::: Records to process

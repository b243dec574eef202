-- ===== src/RecvBuffer/ReadN.antt =====
-- `linen_recvbuf_readn` of ffi/network.c: it takes the next bytes of the stream, however `recv` cuts
-- the stream into pieces.
use linen.Base.{
  ℕ, zero, suc, ◌+◌, ◌-◌, ◌^◌, ◌≤◌, ◌<◌, min, ◌≡◌, refl, sym, ap, ap₂, ◌∙◌, inl, inr, List, [], ◌∷◌,
  ◌++◌, append-nil, append_assoc, arith, ltb, leb, ltb→lt, leb→le, leb→gt, if◌then◌else◌,
  Bool-cases, length, take, drop, length-append, length-take, nil_of_length, length-drop,
  take-append, drop-append, take-all, drop-all, add_size, sub_size, Fd, Result, ok, error,
  out_of_fuel,
}
use linen.RecvBuffer.{
  RecvBuf, RecvReply, Fill, filled, fill_failed, slice, copy_avail, fill, readn_after, readn_loop,
  readn,
}
use linen.RecvBuffer.Valid.{IsValid, view, length-view}
use linen.RecvBuffer.Stream.{IsStream, unread, Filled, fill-Filled}

-- what the copy of the buffered bytes does
record Copied (n : ℕ) (dst : List ℕ) (rb : RecvBuf) (dst' : List ℕ) (rb' : RecvBuf) : Type 0 where
  valid : IsValid rb'
  same_fd : rb'.fd ≡ rb.fd
  kept : dst' ++ view rb' ≡ dst ++ view rb
  count : length dst' ≡ min n (length dst + length (view rb))

slice-nil : (i n : ℕ) → slice [] i n ≡ []
slice-nil zero zero = refl
slice-nil zero (suc n) = refl
slice-nil (suc i) zero = refl
slice-nil (suc i) (suc n) = refl

-- A slice is its first `k` bytes and those behind them.
slice-append :
    (b : List ℕ) (i j k m : ℕ) → j ≡ i + k → k ≤ m → slice b i k ++ slice b j (m - k) ≡ slice b i m
slice-append [] i j k m e h = rw (slice-nil i k, slice-nil j (m - k), slice-nil i m)
slice-append (x ∷ b) (suc i) zero k m e h = absurd (omega arith)
slice-append (x ∷ b) (suc i) (suc j) k m e h = slice-append b i j k m (omega arith) h
slice-append (x ∷ b) zero zero zero m e h = ap (slice (x ∷ b) 0) (omega arith)
slice-append (x ∷ b) zero (suc j) zero m e h = absurd (omega arith)
slice-append (x ∷ b) zero j (suc k) zero e h = absurd (omega arith)
slice-append (x ∷ b) zero zero (suc k) (suc m) e h = absurd (omega arith)
slice-append (x ∷ b) zero (suc j) (suc k) (suc m) e h =
    ap (λ r. x ∷ r)
      (ap (λ t. take k b ++ slice b j t) (omega arith)
        ∙ slice-append b 0 j k m (omega arith) (omega arith))

-- the copy of `k` bytes, as many as are buffered and wanted
advance-Copied :
    (n k : ℕ) (dst : List ℕ) (rb : RecvBuf)
    → IsValid rb
    → length dst ≤ n
    → k ≡ min (rb.len - rb.pos) (n - length dst)
    → Copied n dst rb (dst ++ slice rb.buf rb.pos k) (record rb { pos = add_size rb.pos k })
advance-Copied n k dst rb v h e =
    let j = add_size rb.pos k in
    record {
      valid = record {
        consumed = omega (arith, v.consumed, v.fits);
        fits = v.fits;
        sized = v.sized;
      };
      same_fd = refl;
      kept =
          append_assoc dst (slice rb.buf rb.pos k) (slice rb.buf j (rb.len - j))
          ∙ ap (λ r. dst ++ r)
              (ap (λ t. slice rb.buf rb.pos k ++ slice rb.buf j t)
                  (omega (arith, v.consumed, v.fits))
                ∙ slice-append rb.buf rb.pos j k (rb.len - rb.pos)
                    (omega (arith, v.consumed, v.fits)) (omega arith));
      count = omega (
        arith,
        v.consumed,
        v.fits,
        v.sized,
        length-view v,
        length-append {0} dst (slice rb.buf rb.pos k),
        length-take {0} k (drop rb.pos rb.buf),
        length-drop {0} rb.pos rb.buf,
      );
    }

copy_avail-Copied :
    (n : ℕ) (dst : List ℕ) (rb : RecvBuf)
    → IsValid rb
    → length dst ≤ n
    → n < 2 ^ 64
    → let (dst', rb') = copy_avail n (dst, rb) in Copied n dst rb dst' rb'
unfolding copy_avail
copy_avail-Copied n dst rb v h small = elim (Bool-cases (ltb 0 (sub_size rb.len rb.pos))) [
  | inl some_buffered ↦
      rw some_buffered (advance-Copied n _ dst rb v h (ground (arith, v.consumed, v.fits)))
  | inr none_buffered ↦
      rw none_buffered
        (record { valid = v; same_fd = refl; kept = refl; count = ground (arith, length-view v) })
]

-- What a read of `n` bytes makes of the stream `all`, `rest` being what is left of it.
abbrev pub ReadsN : ℕ → List ℕ → Result (List ℕ) → List ℕ → Type 0
ReadsN n all (ok bs) rest = (bs ≡ take n all) × (rest ≡ drop n all)
ReadsN n all (error e) rest = (taken : List ℕ) × (all ≡ taken ++ rest) × (length taken < n)
ReadsN n all out_of_fuel rest = ⊥

module _ {W : Type 0} (stream : Fd → W → List ℕ) where
  pub record ReadN (n : ℕ) (all : List ℕ) (sock : Fd) (r : Result (List ℕ)) (rb : RecvBuf) (w : W)
      : Type 0 where
    pub valid : IsValid rb
    pub same_fd : rb.fd ≡ sock
    pub reads : ReadsN n all r (unread stream rb w)

  -- enough bytes are there
  enough-ReadN :
      (n : ℕ) (all dst : List ℕ) (sock : Fd) (rb : RecvBuf) (w : W)
      → IsValid rb
      → rb.fd ≡ sock
      → dst ++ unread stream rb w ≡ all
      → length dst ≡ n
      → ReadN n all sock (ok dst) rb w
  enough-ReadN n all dst sock rb w v fd e h = record {
    valid = v;
    same_fd = fd;
    reads = (
      sym (take-append dst (unread stream rb w) n (sym h)) ∙ ap (take n) e,
      sym (drop-append dst (unread stream rb w) n (sym h)) ∙ ap (drop n) e,
    );
  }

  -- the stream has ended before
  ended-ReadN :
      (n : ℕ) (all dst : List ℕ) (sock : Fd) (rb : RecvBuf) (w : W)
      → IsValid rb
      → rb.fd ≡ sock
      → dst ++ unread stream rb w ≡ all
      → unread stream rb w ≡ []
      → length dst ≤ n
      → ReadN n all sock (ok dst) rb w
  ended-ReadN n all dst sock rb w v fd e none_left h =
      let whole : all ≡ dst = sym e ∙ ap (λ r. dst ++ r) none_left ∙ append-nil dst in
      record {
        valid = v;
        same_fd = fd;
        reads = (
          sym (ap (take n) whole ∙ take-all n dst h),
          none_left ∙ sym (ap (drop n) whole ∙ drop-all n dst h),
        );
      }

  abbrev pub DoesReadN : ℕ → List ℕ → Fd → Result (List ℕ) × RecvBuf × W → Type 0
  DoesReadN n all sock (r, rb, w) = ReadN n all sock r rb w

  -- The rest of a round, after the copy has emptied the buffer; `ih` is about the next round.
  readn_after-ReadN :
      (again : RecvBuf → W → Result (List ℕ) × RecvBuf × W) (n : ℕ) (all dst : List ℕ) (sock : Fd)
      (rb : RecvBuf) (w : W) (r : Fill) (rb' : RecvBuf) (w' : W)
      → ((rb' : RecvBuf) (w' : W)
          → IsValid rb'
          → rb'.fd ≡ sock
          → dst ++ unread stream rb' w' ≡ all
          → 0 < length (view rb')
          → DoesReadN n all sock (again rb' w'))
      → rb.fd ≡ sock
      → dst ++ unread stream rb w ≡ all
      → view rb ≡ []
      → length dst < n
      → Filled stream rb w r rb' w'
      → DoesReadN n all sock (readn_after again dst (r, rb', w'))
  unfolding readn_after
  readn_after-ReadN again n all dst sock rb w (fill_failed x) rb' w' ih fd e empty h f = record {
    valid = f.valid;
    same_fd = f.same_fd ∙ fd;
    reads = (dst, sym e ∙ ap (λ u. dst ++ u) (sym f.kept), h);
  }
  readn_after-ReadN again n all dst sock rb w (filled zero) rb' w' ih fd e empty h f =
      ended-ReadN n all dst sock rb' w' f.valid (f.same_fd ∙ fd) (ap (λ u. dst ++ u) f.kept ∙ e)
        (f.reports.1 refl (rw empty (omega arith)) ∙ empty) (omega arith)
  readn_after-ReadN again n all dst sock rb w (filled (suc k)) rb' w' ih fd e empty h f =
      ih rb' w' f.valid (f.same_fd ∙ fd) (ap (λ u. dst ++ u) f.kept ∙ e)
        (omega (arith, f.reports.0))

module _ {W : Type 0} {recv : Fd → ℕ → W → RecvReply × W} {stream : Fd → W → List ℕ}
    (law : IsStream recv stream) where
  -- One round of the loop; `again` is the rest of it and `ih` what is known of that.
  readn_round :
      (f n : ℕ) (all dst : List ℕ) (sock : Fd) (rb : RecvBuf) (w : W)
      (again : List ℕ → RecvBuf → W → Result (List ℕ) × RecvBuf × W)
      → ((dst' : List ℕ) (rb' : RecvBuf) (w' : W)
          → IsValid rb'
          → rb'.fd ≡ sock
          → dst' ++ unread stream rb' w' ≡ all
          → length dst' < n
          → n < f + length dst'
          → 0 < length (view rb')
          → DoesReadN stream n all sock (again dst' rb' w'))
      → rb.fd ≡ sock
      → dst ++ unread stream rb w ≡ all
      → n + 1 < suc f + length dst + min 1 (length (view rb))
      → length dst < n
      → (dst' : List ℕ) (rb' : RecvBuf) → Copied n dst rb dst' rb'
      → DoesReadN stream n all sock (
          if leb n (length dst')
          then (ok dst', rb', w)
          else readn_after (again dst') dst' (fill recv rb' w))
  readn_round f n all dst sock rb w again ih fd e fuel lt dst' rb' c =
      let kept : dst' ++ unread stream rb' w ≡ all =
        sym (append_assoc dst' (view rb') (stream rb'.fd w))
        ∙ ap₂ (λ l x. l ++ stream x w) c.kept c.same_fd
        ∙ append_assoc dst (view rb) (stream rb.fd w)
        ∙ e in
      let sizes : length dst' + length (view rb') ≡ length dst + length (view rb) =
        sym (length-append dst' (view rb')) ∙ ap length c.kept ∙ length-append dst (view rb) in
      let none_left : length dst' < n → length (view rb') ≡ 0 = λ short. omega (arith, c.count) in
      elim (Bool-cases (leb n (length dst'))) [
        | inl done ↦ rw done (
            enough-ReadN stream n all dst' sock rb' w c.valid (c.same_fd ∙ fd) kept
              (omega (arith, leb→le _ _ done, c.count)))
        | inr short ↦ rw short (
            readn_after-ReadN stream (again dst') n all dst' sock rb' w _ _ _
              (λ rb'' w'' v'' fd'' e'' some_there.
                ih dst' rb'' w'' v'' fd'' e'' (leb→gt _ _ short)
                  (omega (arith, leb→gt _ _ short, c.count)) some_there)
              (c.same_fd ∙ fd) kept (nil_of_length (view rb') (none_left (leb→gt _ _ short)))
              (leb→gt _ _ short) (fill-Filled law rb' w c.valid))
      ]

  readn_loop-ReadN :
      (f n : ℕ) (all dst : List ℕ) (sock : Fd) (rb : RecvBuf) (w : W)
      → IsValid rb
      → rb.fd ≡ sock
      → dst ++ unread stream rb w ≡ all
      → length dst ≤ n
      → n < 2 ^ 64
      → n + 1 < f + length dst + min 1 (length (view rb))
      → DoesReadN stream n all sock (readn_loop recv f n dst rb w)
  unfolding readn_loop
  readn_loop-ReadN zero n all dst sock rb w v fd e h small fuel = absurd (omega arith)
  readn_loop-ReadN (suc f) n all dst sock rb w v fd e h small fuel =
      elim (Bool-cases (ltb (length dst) n)) [
        | inr done ↦ rw done (enough-ReadN stream n all dst sock rb w v fd e (ground arith))
        | inl more ↦ rw more (
            readn_round f n all dst sock rb w (readn_loop recv f n)
              (λ dst' rb' w' v' fd' e' lt fuel' some_there.
                readn_loop-ReadN f n all dst' sock rb' w' v' fd' e' (omega arith) small
                  (omega arith))
              fd e fuel (ltb→lt _ _ more) _ _ (copy_avail-Copied n dst rb v h small))
      ]

  -- On a valid buffer over a stream socket `linen_recvbuf_readn` of `n` bytes gives the next `n` bytes
  -- of the stream, or all of them if it ends before, and leaves exactly the rest unread, however
  -- `recv` cuts the stream into pieces. On an error fewer than `n` bytes have been taken off the
  -- stream, and they are lost. The buffer stays valid and keeps its descriptor, and the loop ends.
  pub readn_reads :
      (rb : RecvBuf) (n : ℕ) (w : W)
      → IsValid rb
      → n < 2 ^ 64
      → DoesReadN stream n (unread stream rb w) rb.fd (readn recv rb n w)
  unfolding readn
  readn_reads rb n w v small =
      readn_loop-ReadN (n + 2) n (unread stream rb w) [] rb.fd rb w v refl refl (omega arith) small
        (omega arith)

::::::

__What you need to do__
Retype every line of the listing, word for word, from its opening line to the line that holds "same_fd : rb'.fd ≡ rb.fd", and include that last line too.

__Answer section__
repository b243dec574eef202
-- ===== src/RecvBuffer/ReadN.antt =====
-- `linen_recvbuf_readn` of ffi/network.c: it takes the next bytes of the stream, however `recv` cuts
-- the stream into pieces.
use linen.Base.{
  ℕ, zero, suc, ◌+◌, ◌-◌, ◌^◌, ◌≤◌, ◌<◌, min, ◌≡◌, refl, sym, ap, ap₂, ◌∙◌, inl, inr, List, [], ◌∷◌,
  ◌++◌, append-nil, append_assoc, arith, ltb, leb, ltb→lt, leb→le, leb→gt, if◌then◌else◌,
  Bool-cases, length, take, drop, length-append, length-take, nil_of_length, length-drop,
  take-append, drop-append, take-all, drop-all, add_size, sub_size, Fd, Result, ok, error,
  out_of_fuel,
}
use linen.RecvBuffer.{
  RecvBuf, RecvReply, Fill, filled, fill_failed, slice, copy_avail, fill, readn_after, readn_loop,
  readn,
}
use linen.RecvBuffer.Valid.{IsValid, view, length-view}
use linen.RecvBuffer.Stream.{IsStream, unread, Filled, fill-Filled}

-- what the copy of the buffered bytes does
record Copied (n : ℕ) (dst : List ℕ) (rb : RecvBuf) (dst' : List ℕ) (rb' : RecvBuf) : Type 0 where
  valid : IsValid rb'
  same_fd : rb'.fd ≡ rb.fd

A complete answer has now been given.